Why message_caller is push, not poll. A busy orchestrator with several children can’t afford to poll each one on a tight cadence. Children push signals at milestones via message_caller; the parent reacts. The parent can still pull the full stream via read_child_output for inspection, but the normal control flow is event-driven.

  • Watchdog and wake semantics. If the child goes silent, the orchestrator doesn’t hang forever — the API’s server-side watchdog wakes it with a watchdog signal, and it decides whether to poke, kill, or keep waiting. Exponential backoff on repeated silent wakes. Covered in orchestration § failure modes.
  • The orchestrator’s graph-collection working memory. Accumulated rules, repo-specific traits, known-failure patterns — queryable with the collection MCP tools so the orchestrator doesn’t rediscover the same traps on every cold start.

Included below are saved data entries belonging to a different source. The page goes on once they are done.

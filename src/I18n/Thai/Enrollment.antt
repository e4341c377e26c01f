-- ===== src/I18n/Thai/Enrollment.antt =====
-- i18n/th.ts: the Thai texts of the enrollment page.
use adms_server.I18n.Translations.Enrollment.{EnrollmentTexts}

abbrev pub enrollment_th : EnrollmentTexts
enrollment_th = record {
  title = "ลงทะเบียนลายนิ้วมือ";
  subtitle = "ขั้นตอนการลงทะเบียนลายนิ้วมือและตรวจสอบความถูกต้อง";
  start_new = "เริ่มลงทะเบียนใหม่";
  active_queue = "คิวที่กำลังดำเนินการ";
  no_active_sessions = "ไม่มีรายการที่กำลังลงทะเบียน";
  step1_title = "ขั้นตอนที่ 1: เลือกบุคคล";
  step1_desc = "เลือกลงทะเบียนให้กำลังพล และระบบจะจองรหัส ID บนเครื่องสแกนให้อัตโนมัติ";
  step1_button = "เริ่มลงทะเบียน";
  step2_title = "ขั้นตอนที่ 2: สร้างผู้ใช้บนเครื่องสแกน";
  step2_desc = "ส่งคำสั่งสร้างบัญชีผู้ใช้ไปยังเครื่องสแกน ZEM560 ทันที";
  step2_button = "สร้างผู้ใช้บนเครื่อง";
  step3_title = "ขั้นตอนที่ 3: ลงทะเบียนลายนิ้วมือที่เครื่อง";
  step3_desc =
      "1. ไปที่เครื่องสแกน\n2. เลือกรหัสที่แสดงด้านบน\n3. วางนิ้วตามที่เครื่องแจ้ง\n4. เมื่อเสร็จแล้ว กลับมากดปุ่มด้านล่าง";
  step3_button = "ลงลายนิ้วมือเสร็จแล้ว";
  step4_title = "ขั้นตอนที่ 4: ทดสอบสแกนนิ้วจริง";
  step4_desc = "ให้กำลังพลทดสอบสแกนนิ้ว 1 ครั้ง ระบบจะตรวจจับผลสแกนสดอัตโนมัติ";
  step4_button = "ยืนยันผลการสแกนทดสอบ";
  step5_title = "ขั้นตอนที่ 5: ตรวจสอบข้อมูล";
  step5_desc = "ข้อมูลพร้อมสำหรับการยืนยันตัวบุคคล";
  step5_button = "ส่งให้ผู้ดูแลยืนยัน";
  step5_checklist_terminal_account = "สร้างผู้ใช้บนเครื่องแล้ว";
  step5_checklist_fingerprint = "ลงทะเบียนลายนิ้วมือแล้ว";
  step5_checklist_scan = "ทดสอบสแกนนิ้วแล้ว";
  step6_title = "ขั้นตอนที่ 6: ยืนยันตัวบุคคล (ผู้ดูแลระบบ)";
  step6_desc = "ผู้ดูแลระบบตรวจสอบหลักฐานและลงนามยืนยันตัวตน";
  step6_button = "ยืนยันการเชื่อมบุคคลกับเครื่อง";
  completed_title = "ลงทะเบียนสำเร็จสมบูรณ์";
  completed_desc = "กำลังพลนี้สามารถสแกนเวลาเข้า-ออกงานได้ตามปกติแล้ว";
  cancelled_title = "รายการถูกยกเลิก";
  history_title = "ประวัติการลงทะเบียน";
  history_empty = "ยังไม่มีรายการที่เสร็จสิ้นหรือถูกนำออก";
  removed_from_terminal_label = "นำออกจากเครื่องแล้ว";
  removed_from_terminal_body = "บัญชีเดิมถูกนำออกจากเครื่องสแกนแล้ว ประวัติเดิมยังถูกเก็บไว้";
  history_preserved_note = "ประวัติเก่า — เก็บไว้เพื่ออ้างอิง แก้ไขไม่ได้";
  select_person = "เลือกกำลังพลที่ต้องการลงทะเบียน";
  select_device = "เลือกเครื่องสแกนลายนิ้วมือ";
  select_person_device_operator_required = "กรุณาเลือกบุคคล เครื่องสแกน และกรอกชื่อผู้ดำเนินการ";
  terminal_display_name = "ชื่อที่จะแสดงบนหน้าจอเครื่องสแกน (ภาษาอังกฤษ)";
  live_scan_detected = "ตรวจพบลายนิ้วมือสแกนทดสอบสำเร็จ!";
  waiting_for_scan = "รอการสแกน...";
  cancel_session = "ยกเลิกการลงทะเบียนนี้";
  cancel_reason_placeholder = "เหตุผลที่ยกเลิก (จำเป็นต้องระบุ)";
  cancel_reason_required = "กรุณาระบุเหตุผลที่ยกเลิก";
  scan_timestamp_label = "เวลาที่สแกน";
  scan_timestamp_required = "กรุณาเลือกเวลาที่สแกน";
  metadata_inspector = "ข้อมูลทางเทคนิคของเซสชัน";
  write_session_locked_title = "ระบบยังไม่เปิดให้บันทึกข้อมูล";
  write_session_locked_body = "กรุณาให้ผู้ดูแลระบบเปิดช่วงเวลาทำงานก่อนเริ่มลงทะเบียน";
  write_session_expired_mid_workflow =
      "ช่วงเวลาทำงานหมดอายุแล้ว ข้อมูลที่ทำไว้ยังถูกบันทึกอยู่ — กรุณาให้ผู้ดูแลระบบเปิดช่วงเวลาทำงานใหม่เพื่อดำเนินการต่อ";
  terminal_name_no_english_hint =
      "บุคคลนี้ยังไม่มีชื่อภาษาอังกฤษในระบบ กรุณาให้ผู้ดูแลระบบตั้งค่าในหน้าข้อมูลกำลังพล หรือกรอกชื่อตอนนี้ (ใช้ตัวอักษรและตัวเลขภาษาอังกฤษเท่านั้น)";
  terminal_name_rank_omitted_hint =
      "ระบบไม่ได้ใส่ยศนำหน้าเพราะยศ+ชื่อยาวเกินไปสำหรับเครื่องสแกน ชื่อเต็มยังคงอยู่ในข้อมูลกำลังพลตามปกติ";
  creating_or_verifying = "กำลังสร้าง / ตรวจสอบบัญชีบนเครื่อง...";
  verify_reconcile_button = "ตรวจสอบ / ยืนยันใหม่";
  terminal_conflict_title = "รหัสนี้บนเครื่องเป็นของบุคคลอื่น";
  terminal_conflict_body =
      "บัญชีบนเครื่องมีอยู่แล้วแต่ไม่ตรงกับรายการลงทะเบียนนี้ ระบบไม่ได้แก้ไขหรือลบข้อมูลใดๆ กรุณาให้ผู้ดูแลระบบตรวจสอบเครื่องก่อนดำเนินการต่อ";
  terminal_unconfirmed_title = "ไม่สามารถยืนยันบัญชีบนเครื่องได้";
  terminal_unconfirmed_body =
      "ระบบพยายามสร้างบัญชีแล้วแต่ยังไม่สามารถยืนยันได้จากเครื่องสแกน สามารถลองใหม่ได้อย่างปลอดภัย";
  terminal_in_progress_body = "คำสั่งของรายการนี้กำลังทำงานอยู่ กรุณารอสักครู่ก่อนลองใหม่";
  terminal_unavailable_title = "ไม่สามารถเชื่อมต่อเครื่องสแกนได้";
  terminal_unavailable_body =
      "ยังไม่มีการสร้างหรือแก้ไขบัญชีใดๆ — ระบบไม่สามารถอ่านรายชื่อบัญชีบนเครื่องได้ก่อนเริ่มดำเนินการ สามารถลองใหม่ได้อย่างปลอดภัยเมื่อเชื่อมต่อเครื่องได้แล้ว";
  terminal_reconciled_success =
      "ยืนยันบัญชีบนเครื่องแล้ว — บัญชีมีอยู่แล้วบนเครื่องและตรงกับรายการลงทะเบียนนี้";
  terminal_created_success = "สร้างบัญชีบนเครื่องเรียบร้อยแล้ว";
  enrollment_conflict_body =
      "รายการลงทะเบียนมีการเปลี่ยนสถานะแล้ว กรุณาโหลดข้อมูลล่าสุดแล้วลองอีกครั้ง";
  already_cancelled_body = "รายการนี้ถูกยกเลิกแล้ว";
  scan_not_found_yet_body = "ยังไม่พบการสแกน กรุณาให้บุคคลลองสแกนอีกครั้ง";
  active_enrollment_exists_body =
      "บุคคลนี้มีรายการลงทะเบียนที่กำลังดำเนินการอยู่แล้ว กรุณาดำเนินการรายการเดิมให้เสร็จก่อน";
  cancel_success_message = "ยกเลิกรายการลงทะเบียนเรียบร้อยแล้ว";
  reserve_success_message = "เริ่มลงทะเบียนเรียบร้อยแล้ว";
  fingerprint_window_active_message = "พร้อมแล้ว — ไปที่เครื่องสแกนได้เลย";
  fingerprint_confirmed_message = "ยืนยันการลงลายนิ้วมือแล้ว";
  scan_window_started_message = "กำลังรอการสแกนทดสอบ";
  scan_confirmed_message = "ยืนยันผลการทดสอบสแกนแล้ว";
  ready_for_mapping_success_message = "ส่งให้ผู้ดูแลยืนยันแล้ว";
  start_scan_window_button = "เริ่มทดสอบสแกน";
  badge_browser_action = "ทำที่คอมพิวเตอร์";
  badge_physical_action = "ทำที่เครื่องสแกน";
  badge_admin_action = "ต้องให้ผู้ดูแลระบบทำ";
  technical_details_toggle = "รายละเอียดทางเทคนิค";
  meta_employee_id_label = "รหัสบุคคล (ระบบ)";
  meta_terminal_uid_label = "รหัสอ้างอิงบนเครื่อง";
  meta_reserved_at_label = "เวลาที่จองรหัส";
  meta_account_created_label = "เวลาที่สร้างบัญชีบนเครื่อง";
  meta_fp_confirmed_at_label = "เวลาที่ยืนยันลายนิ้วมือ";
  meta_scan_confirmed_at_label = "เวลาที่ยืนยันการทดสอบสแกน";
  session_header_prefix = "รายการที่";
  target_terminal_label = "เครื่องสแกนเป้าหมาย";
  reserved_id_label = "รหัสที่จองไว้";
  reserved_by_prefix = "โดย";
  step_of_label = "ขั้นตอนที่";
  search_person_placeholder = "พิมพ์ชื่อเพื่อค้นหา...";
  no_person_match_found = "ไม่พบชื่อที่ค้นหา";
  fix_english_name_link = "ไปแก้ไขชื่อภาษาอังกฤษ →";
}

  • Multi-runtime children. The same orchestrator can commission a Codex child for a refactor, a Gemini child for test generation, and a Claude Code child for architecture work in the same iteration. The MCP/event/sidecar layer is runtime-agnostic; runtime is a per-agent attribute the job watcher resolves to the right image. See runtime images.
  • Preconditions and secrets. An orchestrator cannot provision secrets. If a roadmap item needs SLACK_BOT_TOKEN and a human hasn’t configured it yet, the orchestrator halts that item, flags it in its roadmap, and picks an unblocked one. Secrets are a human responsibility; working around their absence is not a permitted strategy.

The orchestrator did not just call a tool that wrote code. It hired a child agent, briefed it, watched it work, accepted its output, and shipped it to a URL. Same shape as a tech lead supervising a contractor, down to the “tell me when you’re blocked” reporting loop. The platform’s job is to make that shape cheap, auditable, and safe — so an operator can set a charter in the morning and review shipped preview URLs in the afternoon.